_Task to complete_. Every entry below needs to be repeated exactly as written.
##########
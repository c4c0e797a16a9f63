-- ===== src/Policy/Message.antt =====
-- The message that the signature of an artifact covers, written out.
use policy_templates.Prelude.{
  ok_or-eq-ok, ◌≡◌, refl, ap, ◌∙◌, ◌↔◌, Bytes, text, eqb, eqb→eq, length, some, [], ◌∷◌, ok, ok_or,
  ok_inj, ensure-passed, >>=-eq-ok,
}
use policy_templates.External.{External}
use policy_templates.Canonical.{ce_v1_bytes, ce_v1_hash}
use policy_templates.Policy.{PolicyMetadata}
use policy_templates.Policy.Metadata.{
  decode_hex32, decode_metadata, metadata_records, canonical_policy_metadata_hash, signing_records,
  policy_artifact_signing_input,
}

-- The 32 bytes that a text in hexadecimal digits spells.
abbrev pub Spells32 : External → Bytes → Bytes → Type 0
Spells32 x value b = (x.hex_decode value ≡ some b) × (length b ≡ 32)

-- The CE-v1 encoding of the purpose, the hash of the metadata and the hash of the text. The metadata
-- are hashed with the bytes that their identifiers and hashes spell.
pub record Message (x : External) (m : PolicyMetadata) (rego_hash input : Bytes) : Type 0 where
  pub app_id : Bytes
  pub deploy_id : Bytes
  pub core_hash : Bytes
  pub pubkey : Bytes
  pub template_hash : Bytes
  pub agent_hash : Bytes
  pub app_id_is : x.uuid_parse m.app_id ≡ some app_id
  pub deploy_id_is : x.uuid_parse m.deploy_id ≡ some deploy_id
  pub core_hash_is : Spells32 x m.descriptor_core_hash core_hash
  pub pubkey_is : Spells32 x m.descriptor_signing_pubkey pubkey
  pub template_hash_is : Spells32 x m.policy_template_sha256 template_hash
  pub agent_hash_is : Spells32 x m.agent_policy_sha256 agent_hash
  pub metadata : Bytes
  pub metadata_is :
      ce_v1_bytes (
        (text "app_id", app_id)
        ∷ (text "deploy_id", deploy_id)
        ∷ (text "descriptor_core_hash", core_hash)
        ∷ (text "descriptor_signing_pubkey", pubkey)
        ∷ (text "platform_release_version", m.platform_release_version)
        ∷ (text "policy_template_id", m.policy_template_id)
        ∷ (text "policy_template_sha256", template_hash)
        ∷ (text "agent_policy_sha256", agent_hash)
        ∷ (text "genpolicy_version_pin", m.genpolicy_version_pin)
        ∷ (text "signed_at", m.signed_at)
        ∷ (text "key_id", m.key_id)
        ∷ [])
      ≡ ok metadata
  pub input_is :
      ce_v1_bytes (
        (text "purpose", text "enclava-policy-artifact-v1")
        ∷ (text "metadata", x.sha256 metadata)
        ∷ (text "rego_sha256", rego_hash)
        ∷ [])
      ≡ ok input

module _ (x : External) where
  decode_hex32_iff :
      (name value b : Bytes) → (decode_hex32 x name value ≡ ok b) ↔ Spells32 x value b
  unfolding decode_hex32
  decode_hex32_iff name value b = (
    λ h.
        let (a, e, k) = >>=-eq-ok (ok_or (x.hex_decode value) _) _ h in
        let (long, same) = ensure-passed (eqb (length a) 32) _ _ k in
        let is_b : a ≡ b = ok_inj same in
        (
          ok_or-eq-ok (x.hex_decode value) _ e ∙ ap some is_b,
          rw is_b at (eqb→eq (length a) 32 long),
        ),
    λ (read, long). rw (read, long) refl,
  )

  module _ (m : PolicyMetadata) (rego_hash input : Bytes) where
    Message-of_input :
        policy_artifact_signing_input x m rego_hash ≡ ok input → Message x m rego_hash input
    unfolding policy_artifact_signing_input canonical_policy_metadata_hash decode_metadata
        metadata_records signing_records ce_v1_hash
    Message-of_input h =
        let (hash, eh, k) = >>=-eq-ok (canonical_policy_metadata_hash x m) _ h in
        let (d, ed, k1) = >>=-eq-ok (decode_metadata x m) _ eh in
        let (bytes, eb, k2) = >>=-eq-ok (ce_v1_bytes (metadata_records x m d)) _ k1 in
        let (a, ea, h1) = >>=-eq-ok (ok_or (x.uuid_parse m.app_id) _) _ ed in
        let (p, ep, h2) = >>=-eq-ok (ok_or (x.uuid_parse m.deploy_id) _) _ h1 in
        let (c, ec, h3) = >>=-eq-ok (decode_hex32 x _ m.descriptor_core_hash) _ h2 in
        let (s, es, h4) = >>=-eq-ok (decode_hex32 x _ m.descriptor_signing_pubkey) _ h3 in
        let (t, et, h5) = >>=-eq-ok (decode_hex32 x _ m.policy_template_sha256) _ h4 in
        let (g, eg, h6) = >>=-eq-ok (decode_hex32 x _ m.agent_policy_sha256) _ h5 in
        record {
          app_id = a;
          deploy_id = p;
          core_hash = c;
          pubkey = s;
          template_hash = t;
          agent_hash = g;
          app_id_is = ok_or-eq-ok _ _ ea;
          deploy_id_is = ok_or-eq-ok _ _ ep;
          core_hash_is = (decode_hex32_iff _ _ c).0 ec;
          pubkey_is = (decode_hex32_iff _ _ s).0 es;
          template_hash_is = (decode_hex32_iff _ _ t).0 et;
          agent_hash_is = (decode_hex32_iff _ _ g).0 eg;
          metadata = bytes;
          metadata_is = rw (← (ok_inj h6)) at eb;
          input_is = rw (← (ok_inj k2)) at k;
        }

    input_of_Message :
        Message x m rego_hash input → policy_artifact_signing_input x m rego_hash ≡ ok input
    unfolding policy_artifact_signing_input canonical_policy_metadata_hash decode_metadata
        metadata_records signing_records ce_v1_hash
    input_of_Message p =
        rw
          (
            p.app_id_is,
            p.deploy_id_is,
            (decode_hex32_iff (text "descriptor_core_hash") _ p.core_hash).1 p.core_hash_is,
            (decode_hex32_iff (text "descriptor_signing_pubkey") _ p.pubkey).1 p.pubkey_is,
            (decode_hex32_iff (text "policy_template_sha256") _ p.template_hash).1
                p.template_hash_is,
            (decode_hex32_iff (text "agent_policy_sha256") _ p.agent_hash).1 p.agent_hash_is,
            p.metadata_is,
          )
          p.input_is

pub policy_artifact_signing_input_iff :
    (x : External) (m : PolicyMetadata) (rego_hash input : Bytes)
    → (policy_artifact_signing_input x m rego_hash ≡ ok input) ↔ Message x m rego_hash input
policy_artifact_signing_input_iff x m rego_hash input =
    (Message-of_input x m rego_hash input, input_of_Message x m rego_hash input)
##########
_Solution for this task_.
repository c4c0e797a16a9f63
-- ===== src/Policy/Message.antt =====
-- The message that the signature of an artifact covers, written out.
use policy_templates.Prelude.{
  ok_or-eq-ok, ◌≡◌, refl, ap, ◌∙◌, ◌↔◌, Bytes, text, eqb, eqb→eq, length, some, [], ◌∷◌, ok, ok_or,
  ok_inj, ensure-passed, >>=-eq-ok,
}
use policy_templates.External.{External}
use policy_templates.Canonical.{ce_v1_bytes, ce_v1_hash}
use policy_templates.Policy.{PolicyMetadata}
use policy_templates.Policy.Metadata.{
  decode_hex32, decode_metadata, metadata_records, canonical_policy_metadata_hash, signing_records,
  policy_artifact_signing_input,
}

-- The 32 bytes that a text in hexadecimal digits spells.
abbrev pub Spells32 : External → Bytes → Bytes → Type 0
Spells32 x value b = (x.hex_decode value ≡ some b) × (length b ≡ 32)

-- The CE-v1 encoding of the purpose, the hash of the metadata and the hash of the text. The metadata
-- are hashed with the bytes that their identifiers and hashes spell.
pub record Message (x : External) (m : PolicyMetadata) (rego_hash input : Bytes) : Type 0 where
  pub app_id : Bytes
  pub deploy_id : Bytes
  pub core_hash : Bytes
  pub pubkey : Bytes
  pub template_hash : Bytes
  pub agent_hash : Bytes
  pub app_id_is : x.uuid_parse m.app_id ≡ some app_id
  pub deploy_id_is : x.uuid_parse m.deploy_id ≡ some deploy_id
  pub core_hash_is : Spells32 x m.descriptor_core_hash core_hash
  pub pubkey_is : Spells32 x m.descriptor_signing_pubkey pubkey
  pub template_hash_is : Spells32 x m.policy_template_sha256 template_hash
  pub agent_hash_is : Spells32 x m.agent_policy_sha256 agent_hash
  pub metadata : Bytes
  pub metadata_is :
      ce_v1_bytes (
        (text "app_id", app_id)
        ∷ (text "deploy_id", deploy_id)
        ∷ (text "descriptor_core_hash", core_hash)
        ∷ (text "descriptor_signing_pubkey", pubkey)
        ∷ (text "platform_release_version", m.platform_release_version)
        ∷ (text "policy_template_id", m.policy_template_id)
        ∷ (text "policy_template_sha256", template_hash)
        ∷ (text "agent_policy_sha256", agent_hash)
        ∷ (text "genpolicy_version_pin", m.genpolicy_version_pin)
        ∷ (text "signed_at", m.signed_at)
        ∷ (text "key_id", m.key_id)
        ∷ [])
      ≡ ok metadata
  pub input_is :
      ce_v1_bytes (
        (text "purpose", text "enclava-policy-artifact-v1")
        ∷ (text "metadata", x.sha256 metadata)
        ∷ (text "rego_sha256", rego_hash)
        ∷ [])
      ≡ ok input

module _ (x : External) where
  decode_hex32_iff :
      (name value b : Bytes) → (decode_hex32 x name value ≡ ok b) ↔ Spells32 x value b
  unfolding decode_hex32
  decode_hex32_iff name value b = (
    λ h.
        let (a, e, k) = >>=-eq-ok (ok_or (x.hex_decode value) _) _ h in
        let (long, same) = ensure-passed (eqb (length a) 32) _ _ k in
        let is_b : a ≡ b = ok_inj same in
        (
          ok_or-eq-ok (x.hex_decode value) _ e ∙ ap some is_b,
          rw is_b at (eqb→eq (length a) 32 long),
        ),
    λ (read, long). rw (read, long) refl,
  )

  module _ (m : PolicyMetadata) (rego_hash input : Bytes) where
    Message-of_input :
        policy_artifact_signing_input x m rego_hash ≡ ok input → Message x m rego_hash input
    unfolding policy_artifact_signing_input canonical_policy_metadata_hash decode_metadata
        metadata_records signing_records ce_v1_hash
    Message-of_input h =
        let (hash, eh, k) = >>=-eq-ok (canonical_policy_metadata_hash x m) _ h in
        let (d, ed, k1) = >>=-eq-ok (decode_metadata x m) _ eh in
        let (bytes, eb, k2) = >>=-eq-ok (ce_v1_bytes (metadata_records x m d)) _ k1 in
        let (a, ea, h1) = >>=-eq-ok (ok_or (x.uuid_parse m.app_id) _) _ ed in
        let (p, ep, h2) = >>=-eq-ok (ok_or (x.uuid_parse m.deploy_id) _) _ h1 in
        let (c, ec, h3) = >>=-eq-ok (decode_hex32 x _ m.descriptor_core_hash) _ h2 in
        let (s, es, h4) = >>=-eq-ok (decode_hex32 x _ m.descriptor_signing_pubkey) _ h3 in
        let (t, et, h5) = >>=-eq-ok (decode_hex32 x _ m.policy_template_sha256) _ h4 in
        let (g, eg, h6) = >>=-eq-ok (decode_hex32 x _ m.agent_policy_sha256) _ h5 in
        record {
          app_id = a;
          deploy_id = p;
          core_hash = c;
          pubkey = s;
          template_hash = t;
          agent_hash = g;
          app_id_is = ok_or-eq-ok _ _ ea;
          deploy_id_is = ok_or-eq-ok _ _ ep;
          core_hash_is = (decode_hex32_iff _ _ c).0 ec;
          pubkey_is = (decode_hex32_iff _ _ s).0 es;
          template_hash_is = (decode_hex32_iff _ _ t).0 et;
          agent_hash_is = (decode_hex32_iff _ _ g).0 eg;
          metadata = bytes;
          metadata_is = rw (← (ok_inj h6)) at eb;
          input_is = rw (← (ok_inj k2)) at k;
        }

    input_of_Message :
        Message x m rego_hash input → policy_artifact_signing_input x m rego_hash ≡ ok input
    unfolding policy_artifact_signing_input canonical_policy_metadata_hash decode_metadata
        metadata_records signing_records ce_v1_hash
    input_of_Message p =
        rw
          (
            p.app_id_is,
            p.deploy_id_is,
            (decode_hex32_iff (text "descriptor_core_hash") _ p.core_hash).1 p.core_hash_is,
            (decode_hex32_iff (text "descriptor_signing_pubkey") _ p.pubkey).1 p.pubkey_is,
            (decode_hex32_iff (text "policy_template_sha256") _ p.template_hash).1
                p.template_hash_is,
            (decode_hex32_iff (text "agent_policy_sha256") _ p.agent_hash).1 p.agent_hash_is,
            p.metadata_is,
          )
          p.input_is

pub policy_artifact_signing_input_iff :
    (x : External) (m : PolicyMetadata) (rego_hash input : Bytes)
    → (policy_artifact_signing_input x m rego_hash ≡ ok input) ↔ Message x m rego_hash input
policy_artifact_signing_input_iff x m rego_hash input =
    (Message-of_input x m rego_hash input, input_of_Message x m rego_hash input)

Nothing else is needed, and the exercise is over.